Perhaps without noticing, you may also have to take a foot bath. This, say the creators, sanitizes the soles of your shoes. I fear some soles may be past sanitizing, but this is a fascinating development. (There’s a rubber mat option, too.)
You might wonder, though, that this won’t be an instant affair. You’ll be standing there, having your sole bathed, for a little time. Multimedia Care has some ideas about that.
Among these, and I had to pause for breath at this point, is “a billboard-like advertising platform for partner branding, event rentals, charitable donations, and other revenue-generating opportunities.”
Having your health checked means you’re a standing duck for a sales pitch? But of course.
Some part of me wonders if a righteous company might force its employees to make a charitable donation every day before being allowed to enter. A great idea for Facebook, surely.
At this point, I had to pause for spiritual oneness. You’re staring into a camera. Is all this health-consciousness an avenue for businesses to employ facial recognition technology?
I only ask because Thomas Smith, CEO of Gado Images, wrote a pungent description of his experience being scanned by a health-screening InVidTech tablet at an office building.
He discovered this was billed as an “HD temperature measurement and face recognition terminal.” This, apparently, recognizes faces in 0.5 seconds from up to 6.5 feet away. Which adds a troubling kink to the concept of social distancing.
Naturally, I asked Multimedia Care whether its foot-bathing affair also recorded your face for posterity.

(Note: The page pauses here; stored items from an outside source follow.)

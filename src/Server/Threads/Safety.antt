-- ===== src/Server/Threads/Safety.antt =====
-- Any interleaving of the polling threads of src/networkevent/SocketEventHandler.cpp, of the pool
-- of src/threadpool/ThreadPool.cpp and of the world, on a server of
-- src/socket/server/TcpServerSocket.cpp: what a thread has been told of stays good until it is
-- handled.
use eventplus.Prelude.{ℕ, ◌≡◌, refl, ap, ◌∙◌, [], ok, Returns, Returns-map}
use eventplus.Common.Details.{Poller, listener, HandlerClass}
use eventplus.Common.Os.{Os}
use eventplus.Common.Handler.{BaseSocketHandler, HandlerLaws}
use eventplus.NetworkEvent.Turns.{Place, polling_turn}
use eventplus.Server.State.{Server, lookup}
use eventplus.Server.Connections.{Uninit}
use eventplus.Server.System.{worker_turn, callbacks}
use eventplus.Server.Door.{same_handlers}
use eventplus.Server.PoolTurn.{worker_turn-PoolOnly}
use eventplus.Server.Reachable.{worker_turn-IsWorking}
use eventplus.Server.Threads.{
  System, move, batch, Promises, Step, polls, works, passes, Reaches, stays, followed_by,
}
use eventplus.Server.Threads.Pending.{Pending-keeps}
use eventplus.Server.Threads.Turn.{polling_turn-After}
use eventplus.Server.Threads.Steady.{
  IsWired-same, SameHandlers, Pending-world, IsSteady, After, elsewhere, moved,
}

module _ {W : Type 0} where
  After-IsSteady :
      (who : Poller) (place : Place) (x : System W) (s' : Server W)
      → IsSteady x
      → After who (batch place) x s'
      → IsSteady (record { server = s'; place = move x.place who place })
  After-IsSteady who place x s' v (good, same, own, others) = record {
    working = good;
    wired = IsWired-same x.server s' same v.wired;
    pending = moved who x place s' own others;
  }

  worker_turn-SameHandlers : (i : ℕ) (s s' : Server W) → worker_turn i s ≡ ok s' → SameHandlers s s'
  worker_turn-SameHandlers i s s' e =
      let (own, all, door, clients, cells) = worker_turn-PoolOnly i s s' e in
      (
        λ who. same_handlers who s s' own (ap (λ t. t.socket_event_handlers) all),
        ap (λ t. t.num_threads) all,
        door,
      )

  worker_turn-IsSteady :
      (i : ℕ) (x : System W) (s' : Server W)
      → worker_turn i x.server ≡ ok s'
      → IsSteady x
      → IsSteady (record x { server = s' })
  worker_turn-IsSteady i x s' e v =
      let (own, all, door, clients, cells) = worker_turn-PoolOnly i x.server s' e in
      record {
        working = worker_turn-IsWorking i x.server s' e v.working;
        wired = IsWired-same x.server s' (worker_turn-SameHandlers i x.server s' e) v.wired;
        pending = λ who.
            Pending-keeps who (batch (x.place who)) x.server s' door
              (λ q st n is. (ap (λ c. c q) cells ∙ is.0, ap (lookup st.socket_id) clients ∙ is.1))
              (v.pending who);
      }

module _ {W : Type 0} (os : Os W) (table : HandlerClass → BaseSocketHandler W)
    (laws : (c : HandlerClass) → HandlerLaws (table c)) (uninit : Uninit) where
  -- A step keeps what is steady, and the handlers of the threads.
  pub Step-IsSteady :
      {x y : System W}
      → Step os table uninit x y
      → IsSteady x
      → IsSteady y × SameHandlers x.server y.server
  Step-IsSteady (polls who x {place} {s'} runs promised e) v =
      let after =
        polling_turn-After os table laws uninit who x v (x.place who) (v.pending who) promised in
      let done = rw e at after in (After-IsSteady who place x s' v done, done.1)
  Step-IsSteady (works i x {s'} e) v =
      (worker_turn-IsSteady i x s' e v, worker_turn-SameHandlers i x.server s' e)
  Step-IsSteady (passes w x) v =
      let (good, same, none_told, others) = elsewhere listener [] x w v tt in
      (
        record {
          working = good;
          wired = IsWired-same x.server (record x.server { world = w }) same v.wired;
          pending = λ who. Pending-world who (batch (x.place who)) x.server w (v.pending who);
        },
        same,
      )

  pub Reaches-IsSteady : {x y : System W} → Reaches os table uninit x y → IsSteady x → IsSteady y
  Reaches-IsSteady stays v = v
  Reaches-IsSteady (followed_by before step) v = (Step-IsSteady step (Reaches-IsSteady before v)).0

  pub Reaches-door :
      {x y : System W}
      → Reaches os table uninit x y
      → IsSteady x
      → y.server.event_store ≡ x.server.event_store
  Reaches-door stays v = refl
  Reaches-door (followed_by before step) v =
      (Step-IsSteady step (Reaches-IsSteady before v)).1.2 ∙ Reaches-door before v

  -- Handlers keep their laws, the threads of a working server hand clients at the door to the
  -- server and the data of clients to the pool, and the calls of the system keep their promises: a
  -- wait tells a thread only of sockets that it watches, of none twice, and `accept` gives no
  -- socket of a client whose event is still to be handled. Then, however the threads, the pool and
  -- the world take turns, each thread with events of a wait still to be handled between the steps
  -- of the others: every thread makes its next step without a fault, the server goes on working,
  -- and all that any thread still has to handle is for a client that is there, or for the listening
  -- socket.
  pub reached_threads-handle :
      (x y : System W)
      → IsSteady x
      → Reaches os table uninit x y
      → (who : Poller) → Promises os table uninit who (y.place who) y
      → Returns
          (λ (place, s'). IsSteady (record { server = s'; place = move y.place who place }))
          (polling_turn (callbacks os table uninit who) (y.place who) y.server)
  reached_threads-handle x y v reached who promised =
      let v' = Reaches-IsSteady reached v in
      Returns-map _ _ (polling_turn (callbacks os table uninit who) (y.place who) y.server)
        (polling_turn-After os table laws uninit who y v' (y.place who) (v'.pending who) promised)
        λ (place, s') after. After-IsSteady who place y s' v' after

“The reason we steer clear of using the words ‘facial recognition’ is specifically because that denotes a database to compare against — hence, recognizing a specific face,” the company’s executive director Seth Rubenstein told me.
Perhaps another reason might be that the words “facial recognition” incite tinges of nausea in many of those who hear it.
But Rubenstein insisted: “Because we are not tied to the cloud and there is no local storage on the device itself, we use the terms ‘mask verification’ or ‘mask detection.’ The sensor is looking for facial definition below the eyes. If none can be read, it assumes there is a mask. If it can detect a nose and mouth, a voice gently reminds the guest to ‘please wear a mask.'”
I know you’re relieved to hear the word gently. No one likes to be scolded in an aggressive manner. Rubenstein helpfully added that the gentle voice “can be substituted with that of a celebrity or well-known figure/voice in an organization, such as a CEO or spokesmodel.”
Ah, imagine turning up to work and the first thing you hear is your CEO gently reminding you to wear a mask. Or, perhaps at some point in the future, to comb your hair. Or will your CEO leave it to Meryl Streep?
Clearly, this is a new world and new tech tools are being created to serve it. It’s always worth asking, though, what precisely the health-screening technology is doing. And what it can do.